----- Dataset excerpts -----

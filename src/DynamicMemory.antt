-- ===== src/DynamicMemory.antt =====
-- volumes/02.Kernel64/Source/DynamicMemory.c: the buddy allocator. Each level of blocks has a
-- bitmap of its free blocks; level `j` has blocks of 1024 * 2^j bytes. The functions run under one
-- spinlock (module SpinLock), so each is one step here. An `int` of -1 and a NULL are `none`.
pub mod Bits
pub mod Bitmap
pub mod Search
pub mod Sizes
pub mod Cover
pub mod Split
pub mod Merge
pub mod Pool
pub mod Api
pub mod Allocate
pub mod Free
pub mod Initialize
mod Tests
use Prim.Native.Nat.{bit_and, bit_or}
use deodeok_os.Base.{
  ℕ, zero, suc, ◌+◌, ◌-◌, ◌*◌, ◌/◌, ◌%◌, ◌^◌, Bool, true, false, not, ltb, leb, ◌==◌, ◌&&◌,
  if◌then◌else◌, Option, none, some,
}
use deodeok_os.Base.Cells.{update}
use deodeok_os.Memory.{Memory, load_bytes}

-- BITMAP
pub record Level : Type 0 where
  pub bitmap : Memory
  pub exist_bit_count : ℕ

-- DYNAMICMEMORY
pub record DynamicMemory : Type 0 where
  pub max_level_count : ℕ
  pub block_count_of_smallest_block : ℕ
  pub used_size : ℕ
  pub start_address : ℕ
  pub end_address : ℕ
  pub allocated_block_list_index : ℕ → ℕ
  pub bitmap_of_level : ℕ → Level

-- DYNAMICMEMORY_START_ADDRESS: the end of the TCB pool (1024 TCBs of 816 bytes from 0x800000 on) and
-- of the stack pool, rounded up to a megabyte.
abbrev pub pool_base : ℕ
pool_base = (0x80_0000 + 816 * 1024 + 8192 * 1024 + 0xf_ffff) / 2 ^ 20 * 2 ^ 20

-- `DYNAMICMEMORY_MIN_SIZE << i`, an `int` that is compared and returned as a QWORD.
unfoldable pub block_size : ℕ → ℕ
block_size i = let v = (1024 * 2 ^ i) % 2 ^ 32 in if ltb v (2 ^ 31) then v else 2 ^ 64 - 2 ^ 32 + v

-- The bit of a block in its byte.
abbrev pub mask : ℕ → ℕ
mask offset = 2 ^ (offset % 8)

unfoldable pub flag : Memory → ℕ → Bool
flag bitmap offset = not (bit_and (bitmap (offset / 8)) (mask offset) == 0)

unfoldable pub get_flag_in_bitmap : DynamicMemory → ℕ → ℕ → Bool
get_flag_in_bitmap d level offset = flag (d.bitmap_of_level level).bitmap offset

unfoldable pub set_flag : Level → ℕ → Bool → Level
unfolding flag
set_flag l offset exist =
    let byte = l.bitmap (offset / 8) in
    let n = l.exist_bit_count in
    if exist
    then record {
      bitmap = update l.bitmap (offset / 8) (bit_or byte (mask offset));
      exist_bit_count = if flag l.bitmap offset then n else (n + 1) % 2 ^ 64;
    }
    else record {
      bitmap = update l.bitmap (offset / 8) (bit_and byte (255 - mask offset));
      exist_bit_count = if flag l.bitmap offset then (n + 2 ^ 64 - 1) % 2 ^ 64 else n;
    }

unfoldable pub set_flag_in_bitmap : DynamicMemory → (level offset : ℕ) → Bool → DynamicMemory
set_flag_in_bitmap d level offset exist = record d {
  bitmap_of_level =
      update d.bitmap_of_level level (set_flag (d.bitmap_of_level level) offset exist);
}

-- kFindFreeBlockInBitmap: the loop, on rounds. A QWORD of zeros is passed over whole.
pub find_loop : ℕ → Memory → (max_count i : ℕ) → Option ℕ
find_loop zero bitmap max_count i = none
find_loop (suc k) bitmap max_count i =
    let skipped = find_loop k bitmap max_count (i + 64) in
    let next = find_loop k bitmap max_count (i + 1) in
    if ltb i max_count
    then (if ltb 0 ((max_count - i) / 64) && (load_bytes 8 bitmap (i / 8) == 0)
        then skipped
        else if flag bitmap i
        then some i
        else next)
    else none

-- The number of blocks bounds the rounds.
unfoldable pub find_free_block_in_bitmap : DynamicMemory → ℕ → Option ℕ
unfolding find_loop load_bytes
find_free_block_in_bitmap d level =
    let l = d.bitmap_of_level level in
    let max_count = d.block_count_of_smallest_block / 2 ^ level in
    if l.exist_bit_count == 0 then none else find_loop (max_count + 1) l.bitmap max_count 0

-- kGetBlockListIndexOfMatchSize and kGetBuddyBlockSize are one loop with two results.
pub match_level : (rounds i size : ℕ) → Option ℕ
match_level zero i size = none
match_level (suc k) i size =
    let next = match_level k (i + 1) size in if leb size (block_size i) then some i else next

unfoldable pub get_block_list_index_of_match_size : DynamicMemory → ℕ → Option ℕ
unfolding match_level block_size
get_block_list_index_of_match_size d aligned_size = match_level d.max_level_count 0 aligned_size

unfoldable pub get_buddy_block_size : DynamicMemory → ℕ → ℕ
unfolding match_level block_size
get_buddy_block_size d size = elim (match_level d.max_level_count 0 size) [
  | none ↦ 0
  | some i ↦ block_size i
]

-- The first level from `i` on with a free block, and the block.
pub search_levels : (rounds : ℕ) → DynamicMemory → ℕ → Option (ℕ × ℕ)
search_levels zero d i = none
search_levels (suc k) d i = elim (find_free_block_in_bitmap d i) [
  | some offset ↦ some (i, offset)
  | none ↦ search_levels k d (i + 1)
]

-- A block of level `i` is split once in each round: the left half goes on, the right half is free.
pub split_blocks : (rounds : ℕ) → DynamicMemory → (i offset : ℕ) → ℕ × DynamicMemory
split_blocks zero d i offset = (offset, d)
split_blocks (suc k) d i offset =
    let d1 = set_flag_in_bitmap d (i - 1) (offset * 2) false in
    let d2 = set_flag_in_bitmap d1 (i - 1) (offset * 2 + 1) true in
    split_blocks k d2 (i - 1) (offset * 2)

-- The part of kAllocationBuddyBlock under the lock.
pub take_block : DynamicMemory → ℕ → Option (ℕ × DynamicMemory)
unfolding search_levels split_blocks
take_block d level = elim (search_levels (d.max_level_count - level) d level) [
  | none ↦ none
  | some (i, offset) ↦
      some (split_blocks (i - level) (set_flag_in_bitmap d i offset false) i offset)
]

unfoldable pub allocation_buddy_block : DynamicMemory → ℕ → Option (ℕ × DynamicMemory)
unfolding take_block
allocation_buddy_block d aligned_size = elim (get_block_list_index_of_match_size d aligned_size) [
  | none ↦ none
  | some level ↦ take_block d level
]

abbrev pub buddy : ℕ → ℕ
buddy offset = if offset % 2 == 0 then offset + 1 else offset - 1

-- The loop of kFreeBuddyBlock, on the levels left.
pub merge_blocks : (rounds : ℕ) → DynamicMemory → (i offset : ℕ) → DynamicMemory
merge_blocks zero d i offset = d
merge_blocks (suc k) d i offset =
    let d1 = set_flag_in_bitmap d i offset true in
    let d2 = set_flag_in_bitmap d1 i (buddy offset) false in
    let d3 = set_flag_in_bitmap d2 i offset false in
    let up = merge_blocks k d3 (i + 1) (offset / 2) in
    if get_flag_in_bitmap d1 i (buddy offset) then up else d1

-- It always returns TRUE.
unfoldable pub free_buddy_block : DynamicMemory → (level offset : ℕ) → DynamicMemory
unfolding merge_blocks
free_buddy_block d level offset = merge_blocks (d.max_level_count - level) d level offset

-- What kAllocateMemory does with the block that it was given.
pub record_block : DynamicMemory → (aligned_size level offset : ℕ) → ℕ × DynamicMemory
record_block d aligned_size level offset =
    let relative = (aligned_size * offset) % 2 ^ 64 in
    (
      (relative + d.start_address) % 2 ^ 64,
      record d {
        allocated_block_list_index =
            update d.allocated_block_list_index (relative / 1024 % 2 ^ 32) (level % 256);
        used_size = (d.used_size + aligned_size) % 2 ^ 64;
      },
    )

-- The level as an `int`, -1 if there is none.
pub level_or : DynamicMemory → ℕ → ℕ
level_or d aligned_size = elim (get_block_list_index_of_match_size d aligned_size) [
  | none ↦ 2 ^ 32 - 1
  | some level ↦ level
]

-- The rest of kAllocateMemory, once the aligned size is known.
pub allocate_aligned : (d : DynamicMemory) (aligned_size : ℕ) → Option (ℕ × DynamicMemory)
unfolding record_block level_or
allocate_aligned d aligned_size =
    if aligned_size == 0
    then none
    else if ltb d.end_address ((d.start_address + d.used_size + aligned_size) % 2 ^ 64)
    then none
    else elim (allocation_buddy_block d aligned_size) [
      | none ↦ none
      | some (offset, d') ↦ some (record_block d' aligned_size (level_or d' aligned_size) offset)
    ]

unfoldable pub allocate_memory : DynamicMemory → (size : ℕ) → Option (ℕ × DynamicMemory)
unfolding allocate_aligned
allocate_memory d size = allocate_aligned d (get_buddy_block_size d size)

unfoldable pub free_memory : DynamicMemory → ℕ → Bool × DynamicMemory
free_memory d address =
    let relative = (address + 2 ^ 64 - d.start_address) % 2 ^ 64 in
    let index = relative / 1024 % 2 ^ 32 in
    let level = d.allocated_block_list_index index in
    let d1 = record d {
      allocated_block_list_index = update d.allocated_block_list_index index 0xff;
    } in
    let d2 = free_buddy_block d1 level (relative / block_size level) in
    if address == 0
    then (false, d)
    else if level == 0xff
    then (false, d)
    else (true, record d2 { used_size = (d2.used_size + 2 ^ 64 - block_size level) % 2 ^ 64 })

-----
----- Dataset excerpts -----

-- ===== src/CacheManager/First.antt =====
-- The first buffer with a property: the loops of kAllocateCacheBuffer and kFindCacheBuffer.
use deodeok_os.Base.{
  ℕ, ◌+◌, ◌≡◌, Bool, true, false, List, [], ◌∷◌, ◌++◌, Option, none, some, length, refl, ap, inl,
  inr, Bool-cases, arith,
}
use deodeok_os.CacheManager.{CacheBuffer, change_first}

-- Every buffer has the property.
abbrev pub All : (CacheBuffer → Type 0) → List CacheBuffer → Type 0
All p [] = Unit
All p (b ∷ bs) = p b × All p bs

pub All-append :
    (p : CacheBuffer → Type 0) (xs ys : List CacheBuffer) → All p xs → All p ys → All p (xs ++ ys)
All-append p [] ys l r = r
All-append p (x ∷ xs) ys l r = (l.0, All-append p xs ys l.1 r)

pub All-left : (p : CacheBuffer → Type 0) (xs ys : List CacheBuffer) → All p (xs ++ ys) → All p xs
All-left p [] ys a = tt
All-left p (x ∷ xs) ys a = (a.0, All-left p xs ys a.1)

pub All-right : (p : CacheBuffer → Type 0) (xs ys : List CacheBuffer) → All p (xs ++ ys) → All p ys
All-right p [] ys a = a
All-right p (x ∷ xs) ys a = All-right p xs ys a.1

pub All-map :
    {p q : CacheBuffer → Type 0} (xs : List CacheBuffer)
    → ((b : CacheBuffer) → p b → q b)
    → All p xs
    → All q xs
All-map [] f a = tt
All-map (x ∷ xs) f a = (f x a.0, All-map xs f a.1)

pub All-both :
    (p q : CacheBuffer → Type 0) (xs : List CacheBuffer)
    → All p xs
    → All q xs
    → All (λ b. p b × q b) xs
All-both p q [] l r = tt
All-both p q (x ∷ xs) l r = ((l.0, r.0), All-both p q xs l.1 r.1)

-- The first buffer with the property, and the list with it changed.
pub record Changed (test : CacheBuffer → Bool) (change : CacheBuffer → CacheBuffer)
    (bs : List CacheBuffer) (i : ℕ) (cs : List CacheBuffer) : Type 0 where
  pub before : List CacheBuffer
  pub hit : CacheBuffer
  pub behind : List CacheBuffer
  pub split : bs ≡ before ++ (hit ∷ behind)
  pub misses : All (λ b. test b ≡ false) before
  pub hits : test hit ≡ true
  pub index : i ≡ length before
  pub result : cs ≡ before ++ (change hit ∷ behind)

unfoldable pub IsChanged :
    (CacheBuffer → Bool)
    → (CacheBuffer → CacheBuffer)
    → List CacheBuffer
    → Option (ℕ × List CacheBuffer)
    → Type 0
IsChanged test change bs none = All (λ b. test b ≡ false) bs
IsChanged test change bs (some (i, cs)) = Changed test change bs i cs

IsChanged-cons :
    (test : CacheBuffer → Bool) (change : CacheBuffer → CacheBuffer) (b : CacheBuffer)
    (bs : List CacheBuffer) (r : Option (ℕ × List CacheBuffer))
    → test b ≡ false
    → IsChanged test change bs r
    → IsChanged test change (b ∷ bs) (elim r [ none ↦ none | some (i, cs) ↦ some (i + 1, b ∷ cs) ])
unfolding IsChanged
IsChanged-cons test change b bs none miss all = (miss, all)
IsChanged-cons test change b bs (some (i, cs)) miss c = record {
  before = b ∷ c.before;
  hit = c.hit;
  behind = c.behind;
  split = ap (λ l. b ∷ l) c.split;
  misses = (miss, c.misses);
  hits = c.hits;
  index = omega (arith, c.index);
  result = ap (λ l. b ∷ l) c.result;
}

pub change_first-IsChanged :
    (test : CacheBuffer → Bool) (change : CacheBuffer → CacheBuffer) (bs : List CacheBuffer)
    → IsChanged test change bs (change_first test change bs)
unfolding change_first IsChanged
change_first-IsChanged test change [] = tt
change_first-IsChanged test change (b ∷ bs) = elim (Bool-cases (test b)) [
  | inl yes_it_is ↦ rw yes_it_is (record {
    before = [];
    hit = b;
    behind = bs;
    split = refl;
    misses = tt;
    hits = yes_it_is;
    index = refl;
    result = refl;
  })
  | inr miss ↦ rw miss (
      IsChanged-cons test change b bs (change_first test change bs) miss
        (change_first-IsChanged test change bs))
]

-----

### Directions for this task:
One stretch of the lines above is wanted, from the line that contains "b × q b) xs" through the line that contains "IsChanged test change bs none". Output it exactly.

### The completed task:
    → All (λ b. p b × q b) xs
All-both p q [] l r = tt
All-both p q (x ∷ xs) l r = ((l.0, r.0), All-both p q xs l.1 r.1)

-- The first buffer with the property, and the list with it changed.
pub record Changed (test : CacheBuffer → Bool) (change : CacheBuffer → CacheBuffer)
    (bs : List CacheBuffer) (i : ℕ) (cs : List CacheBuffer) : Type 0 where
  pub before : List CacheBuffer
  pub hit : CacheBuffer
  pub behind : List CacheBuffer
  pub split : bs ≡ before ++ (hit ∷ behind)
  pub misses : All (λ b. test b ≡ false) before
  pub hits : test hit ≡ true
  pub index : i ≡ length before
  pub result : cs ≡ before ++ (change hit ∷ behind)

unfoldable pub IsChanged :
    (CacheBuffer → Bool)
    → (CacheBuffer → CacheBuffer)
    → List CacheBuffer
    → Option (ℕ × List CacheBuffer)
    → Type 0
IsChanged test change bs none = All (λ b. test b ≡ false) bs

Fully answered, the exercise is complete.